As was seen in and around Unist’ot’en Camp, erected to block the construction of the CGL pipeline, as well as in many cities across Turtle Island and through the devastating photos of Gaza and the West Bank, the denial, displacement and destruction of encampments, homes and shelters is a searing example of “domicide,” the destruction of Indigenous peoples' homes to expell them from their homeland.

Turtle Island and Palestine -  same struggle

The genocide in Palestine is often played off as a  “foreign policy” issue, far removed from us. But, “it is as close as the stolen words of justice on our tongues, the stolen lives mourned in our hearts, and the stolen land beneath our feet.”-Azeezah Kanji. A blatant example of this is Canadian companies exporting weapons, components and military technology to Israel. So-called Canada also buys military technology from Israel and authorizes its import, which was tested in Gaza and the West Bank.

 

Another element that opresses colonized people is the imposition of colonial borders. In the case of Palestine, we can think of the armed border of Gaza or the West Bank. For the Kanien'kehà:ka, borders serve to separate the communities of Kahnawá:ke, Tyindenega, Kanehsatà:ke and Akwesasne, while making Akwesasne, which partially ends up in the so-called United States, one of the most closely watched communities in all of Turtle Island: Kanien’kehà community members often report being profiled, questioned, and detained by border agents with no explanation, or having their property searched and confiscated.This is a well-publicized parallel with life in occupied Palestine.

 

We can see a clear parallel between the continuous colonial violence of removal of Palestinians from their ancestral relationships with wild olive and akoub trees in Gaza and the artificial border that separates the Kanien'kehà:ka of Akwesasne from their material, traditional, inter-generational and cultural link to the St. Lawrence River. Colonial efforts to add a cultural aspect to the genocide are worldwide.

Indigenous peoples from Turtle Island to Palestine have and continue to put their lives on the line to expose and lay bare the injustices and dehumanization caused by colonial domination, as well as to obtain and insure their freedom and safety. As with the liberation movements emerging through solidarity work, they have also shown the possible beauty of a world built on mutual aid. Whenever we hear, feel or repeat that these situations are too “complex” or “unclear” for us to act in solidarity, we are are once again falling into the colonial innocence trap.

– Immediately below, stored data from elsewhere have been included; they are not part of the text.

-- ===== src/Web/Sessions/Downloads.antt =====
-- internal/web/server.go: which files `handleDownload` serves.
use logfalcon.Prelude.{
  ℕ, ◌≡◌, refl, sym, ap, ◌∙◌, ◌-◌, arith, length, take, drop, take-append-drop, ◌⊎◌, inl, inr, Bool,
  true, false, Option, none, some, List, [], ◌∷◌, ◌++◌, if◌then◌else◌, on_if, bytes_eq,
  bytes_eq_sound,
}
use logfalcon.Web.Text.{trim_prefix, has_suffix}
use logfalcon.Web.Files.{Served, Reply, page, bodiless, send_file}
use logfalcon.Web.Sessions.{
  CleanPath, Places, resolve_session_path, manifest_filename, allowed_download, file_below,
  resolve_session_file, download_prefix, download_names, strip, Store, serve, serve_path,
  download_named, handle_download,
}
use logfalcon.Storage.Sessions.{raw_flash_filename}

-- What a download gets: an error page, or what `sendFile` gives for the raw file or the manifest directly in
-- the directory that the rest of the name stands for.
pub data Downloaded (places : Places) (store : Store) (sub if_none_match range_header : List ℕ)
    : Reply → Type 0 where
  not_found : Downloaded places store sub if_none_match range_header (bodiless 404 page)
  served :
      (session_id filename : List ℕ) (p : CleanPath) (f : Served)
      → (filename ≡ raw_flash_filename) ⊎ (filename ≡ manifest_filename)
      → sub ≡ session_id ++ b'/' ∷ filename
      → resolve_session_path places session_id ≡ some p
      → store (p ++ filename ∷ []) ≡ some f
      → Downloaded places store sub if_none_match range_header
          (send_file f if_none_match range_header)

module _ (places : Places) (store : Store) (sub if_none_match range_header : List ℕ) where
  serve_path-Downloaded :
      (session_id filename : List ℕ) (found : Option CleanPath)
      → (filename ≡ raw_flash_filename) ⊎ (filename ≡ manifest_filename)
      → sub ≡ session_id ++ b'/' ∷ filename
      → resolve_session_path places session_id ≡ found
      → Downloaded places store sub if_none_match range_header
          (serve_path store (file_below found filename) if_none_match range_header)
  unfolding serve_path file_below serve
  serve_path-Downloaded session_id filename none a s e = not_found
  serve_path-Downloaded session_id filename (some p) a s e =
      from_store (store (p ++ filename ∷ [])) refl
    where
      from_store :
          (o : Option Served)
          → store (p ++ filename ∷ []) ≡ o
          → Downloaded places store sub if_none_match range_header
              (serve o if_none_match range_header)
      from_store none q = not_found
      from_store (some f) q = served session_id filename p f a s e q

  -- A name taken apart.
  named_Downloaded :
      (session_id filename : List ℕ)
      → (filename ≡ raw_flash_filename) ⊎ (filename ≡ manifest_filename)
      → allowed_download filename ≡ true
      → sub ≡ session_id ++ b'/' ∷ filename
      → Downloaded places store sub if_none_match range_header
          (download_named places store (some (session_id, filename)) if_none_match range_header)
  unfolding download_named resolve_session_file
  named_Downloaded session_id filename a h s =
      rw h (
        serve_path-Downloaded session_id filename (resolve_session_path places session_id) a s refl)

pub has_suffix_sound :
    (s suffix : List ℕ) → has_suffix s suffix ≡ true → s ≡ strip s suffix ++ suffix
unfolding has_suffix
has_suffix_sound s suffix h =
    let n = length s - length suffix in
    let same : drop n s ≡ suffix = bytes_eq_sound (drop n s) suffix (both _ _ h) in
    sym (take-append-drop n s) ∙ ap (◌++◌ (take n s)) same
  where
    both : (a b : Bool) → (if a then b else false) ≡ true → b ≡ true
    both a b e = ground arith

-- `handleDownload` answers with an error page, or serves, as `sendFile` does, the raw file or the manifest
-- that stands directly in the directory its session names, where that is an accepted path.
pub handle_download-Downloaded :
    (places : Places) (store : Store) (url_path if_none_match range_header : List ℕ)
    → Downloaded places store
        (trim_prefix url_path download_prefix)
        if_none_match
        range_header
        (handle_download places store url_path if_none_match range_header)
unfolding handle_download download_names download_named allowed_download bytes_eq
handle_download-Downloaded places store url_path if_none_match range_header =
    let sub = trim_prefix url_path download_prefix in
    let holds = λ (o : Option (List ℕ × List ℕ)).
      Downloaded places store sub if_none_match range_header
        (download_named places store o if_none_match range_header) in
    on_if holds (has_suffix sub (b'/' ∷ raw_flash_filename)) _ _
      (λ e.
        named_Downloaded places store sub if_none_match range_header _ raw_flash_filename (inl refl)
          refl (has_suffix_sound sub (b'/' ∷ raw_flash_filename) e))
      (λ _.
        on_if holds (has_suffix sub (b'/' ∷ manifest_filename)) _ _
          (λ e.
            named_Downloaded places store sub if_none_match range_header _ manifest_filename
              (inr refl) refl (has_suffix_sound sub (b'/' ∷ manifest_filename) e))
          (λ _. not_found))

“Palestine’s freeing is simultaneously entwined with the freeing of Indigenous and Black people in Turtle Island. To end Palestinian occupation, the bewitched American/Canadian false dream must fall and be replaced by a genuinely decolonial enchanting else. ” - Mohamed Abdou

1. The process of ending a person's legal status as an "Indian" under the Indian Act.

2. Bantustans were territories set aside for Black inhabitants of South Africa and South West Africa (now Namibia) as part of the apartheid policy. The term "Bantustan" is a combination of the Bantu word Bantu, meaning "people", and the Persian word -stan, meaning "land". Source : Kanji, Azeezah. Canada and Israel: Partners in the « Settler Colonial Contract ». Yellowhead Institute. 21 Mai 2021. https://yellowheadinstitute.org/2021/05/21/canada-andisrael-partners-in-the-settler-colonial-contract/

3. Although many Canadians perceived this as a “crisis”, for the Kanienʼkehá꞉ka, “Oka” was only the most recent event in a nearly 300-year struggle to protect their lands from colonial and capitalist development.

4. In 1990, the Kanienʼkehá꞉ka of Kanehsatà:ke erected barricades on a secondary road to prevent the Oka Golf Club from expanding its 9-hole golf course and building luxury condominiums on unceded territory, including a cemetery and pine forest. On July 11, a paramilitary squad from the Sûreté du Québec attacked the peaceful blockade, triggering a 78-day siege, commonly known as the Oka Crisis. Fundamental human rights were violated by the SQ and the Canadian army, with the approval of all levels of government. While the pine forest was saved, the question of Kanehsatà:ke's historic lands was never resolved. The struggle continues.